🤖 AI Summary
To address the challenges of localizing unseen categories and achieving robust cross-modal matching in zero-shot 2D object detection and segmentation, this paper proposes MUSE—a training-free, model-driven framework. MUSE leverages multi-view 2D renderings of 3D unseen objects as templates and performs cross-modal matching against candidate regions extracted from query images. It introduces a novel joint similarity metric—integrating both absolute and relative similarities—and incorporates uncertainty-aware object priors. Furthermore, it employs class-token embedding fusion and generalized mean pooling (GeM) to calibrate candidate region reliability. Evaluated on the BOP Challenge 2025, MUSE achieves state-of-the-art performance in zero-shot detection and segmentation, securing first place across all tracks: Classic Core, H3, and Industrial.
📝 Abstract
In this work, we introduce MUSE (Model-based Uncertainty-aware Similarity Estimation), a training-free framework designed for model-based zero-shot 2D object detection and segmentation. MUSE leverages 2D multi-view templates rendered from 3D unseen objects and 2D object proposals extracted from input query images. In the embedding stage, it integrates class and patch embeddings, where the patch embeddings are normalized using generalized mean pooling (GeM) to capture both global and local representations efficiently.
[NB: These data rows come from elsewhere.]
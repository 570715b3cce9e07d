-- ===== src/Lib.antt =====
-- shario: a shared text document, edited by several peers at once.
--
-- Each replica keeps a directory of files. A file is a tree of characters, each with an identity, a
-- pair of an id and a peer, and a parent; a character that is removed stays as a tombstone. Beside
-- the tree a file keeps a projection: its lines, each a list of identities in the order of the text,
-- with the line break that opens a line at its head and a sentinel at the head of the first. A queue
-- owns the directory. It gives identities to what the local editor types, applies what other peers
-- send, holds back what waits for a parent, a tag or a target, and reports what it applies. Around
-- the queue, a server applies the messages of the IDE's socket and of the gossip of the peers, asks
-- peers for their state and answers when they ask, and a benchmark replays recorded edits.
--
-- Files, and the code that each is about:
--   Prelude       names and lemmas on tests and lists that the others share
--   Types         src/types.rs and src/shar/error.rs
--   HashMap       the operations of std::collections::HashMap that the program calls
--   Tree          src/shar/core/tree.rs
--     File        SharFile, its views and predecessor_identity
--     Search      find_crdt; Search.Ring: what its rounds find
--     Insert      add_crdt, find_tombstone, add_line_to_projection; Insert.Order is where a node
--                 belongs among its siblings, Insert.Live the insertion under a live parent,
--                 Insert.Siblings, Insert.Concurrent, Insert.Interleaved and Insert.Breaks
--                 orders of insertions, Insert.Tombstone a line break under a tombstone,
--                 Insert.Under any other character there, with Insert.Climb the climb to a live
--                 ancestor, and Insert.Grown what both kinds of insertion share
--     Delete      remove_crdt; Delete.Erase: what it takes away
--     Document    a file as one sequence of identities, and its well-formedness; Document.Rows are
--                 lemmas on rows, Document.Found is the search in a well-formed file
--     Load        SharFile::new and add_file; Load.RoundTrip: the text that was read
--     Directory   SharDirectory, routing by path; Directory.Load: loading from the file system, and
--                 Directory.Loaded what it gives; Directory.Borrowed and
--                 Directory.Routed: writes through a path; Directory.Listed: a directory in
--                 which every file is found by its path (Listed.Shape is what its paths are,
--                 Listed.Search the search, Listed.OnDisk loading), Directory.Repeated one whose
--                 name its path repeats, and Directory.Shown what an IDE is sent of its files
--     Edit        an insertion and what may follow it
--     Youngest    an insertion whose id is above every other, and a removal, by the file's text
--   Queue         src/shar/core/queue.rs and src/queue_wrap.rs
--     State       the fields, callbacks, paths and backlogs
--     Ide         add_ide_operation and what it calls; Ide.Frame is what it leaves alone, Ide.Drain
--                 the end of its loop, Ide.Register what it makes of tags
--     Network     what other peers send, and removals; Network.Drain: the end of its loop,
--                 Network.Frame: what the network leaves alone; Network.Counter: the counter
--     Quiet       one edit of the IDE where nothing waits; Replicas and Removals: the same edit at
--                 another replica; Paths: to_relative_path and to_local_path
--     Wrap        QueueWrap and its buffer; Received: a run of what other peers send
--   StateRequest  src/state_request.rs: a replica's state as operations; StateRequest.Bytes is the
--                 length prefix, StateRequest.Transfer both sides of a request,
--                 StateRequest.Exchange what they make of each other
--   Callbacks     src/network_callbacks.rs
--   Bench         src/bench.rs: locate, insert_char, remove_char and the loops of run. Bench.Mirror and
--                 Bench.Places are the mirror's nodes, Bench.Tracks ties mirror, queue and file
--                 together, Bench.Edits is one edit (Insertion or Removal), Bench.Patches and
--                 Bench.Replay are a trace, Bench.Start a whole run, Bench.Report percentile
--   Server        src/main.rs, src/setup.rs and the tickets of src/types.rs. Server.Discovery is
--                 the loop that asks peers, Server.Gossip iroh_gossip_subscriber, Server.Sockets
--                 on_connect, Server.Joining its first join, Server.Session the session at the
--                 proxy, Server.Setup the arguments of a benchmark, Server.Startup main itself,
--                 and Startup.Follow two replicas in one session
--   Examples      the theorems at concrete files, directories, queues, runs, peers and
--                 replicas
--
-- How the code is rendered. An operation on a file or a directory gives the new value and a result:
-- ok, err, or fault, a panic or a loop that does not end. A handler of the queue gives the new
-- queue, or none in these cases; calls of callbacks are appended to a log. The functions are called
-- one after the other: the lock around the queue makes its own operations so, but QueueWrap::new and
-- the flag and the buffer of QueueWrap are not under one lock, and what may interleave there is not
-- modelled. An id is a native number; the counter is taken modulo 2 ^ 32, as a release build
-- computes it. A HashMap is an association list. A path is the list of its components; a leading `.`
-- is one only where nothing stands in front of it. A stream is the bytes that it delivers and the
-- error behind them, and bytes and characters are numbers.
--
-- Fuel. The search has two rounds more than the file has rows, the climb from a tombstone one step
-- more than it has characters, and a drained worklist n * (n + 2) + 1 rounds for n pending
-- operations: each round applies an operation for good, or leaves fewer on the worklist.
--
-- Arguments. What is not in the repository is an argument of the definitions that use it: what the
-- file system answers, what dialling a peer gives, the order in which peers were shuffled, what
-- serde_json and base 32 encode and decode, the random topic, the proxy's answers, and whether an
-- event reaches the IDE. A theorem that needs them to behave says so in its hypotheses.
--
-- Not modelled: the builders of sockets, router and endpoint in main, the parsing by clap, the
-- logging in src/setup.rs, the clocks, the memory and the report of src/bench.rs, the lock itself,
-- and the build: they are input and output around what is modelled.
mod Prelude
pub mod Types
pub mod HashMap
pub mod Tree
pub mod Queue
pub mod StateRequest
pub mod Callbacks
pub mod Bench
pub mod Server
mod Examples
During the matching stage, MUSE employs a joint similarity metric that combines absolute and relative similarity scores, enhancing the robustness of matching under challenging scenarios. Finally, the similarity score is refined through an uncertainty-aware object prior that adjusts for proposal reliability. Without any additional training or fine-tuning, MUSE achieves state-of-the-art performance on the BOP Challenge 2025, ranking first across the Classic Core, H3, and Industrial tracks. These results demonstrate that MUSE offers a powerful and generalizable framework for zero-shot 2D object detection and segmentation.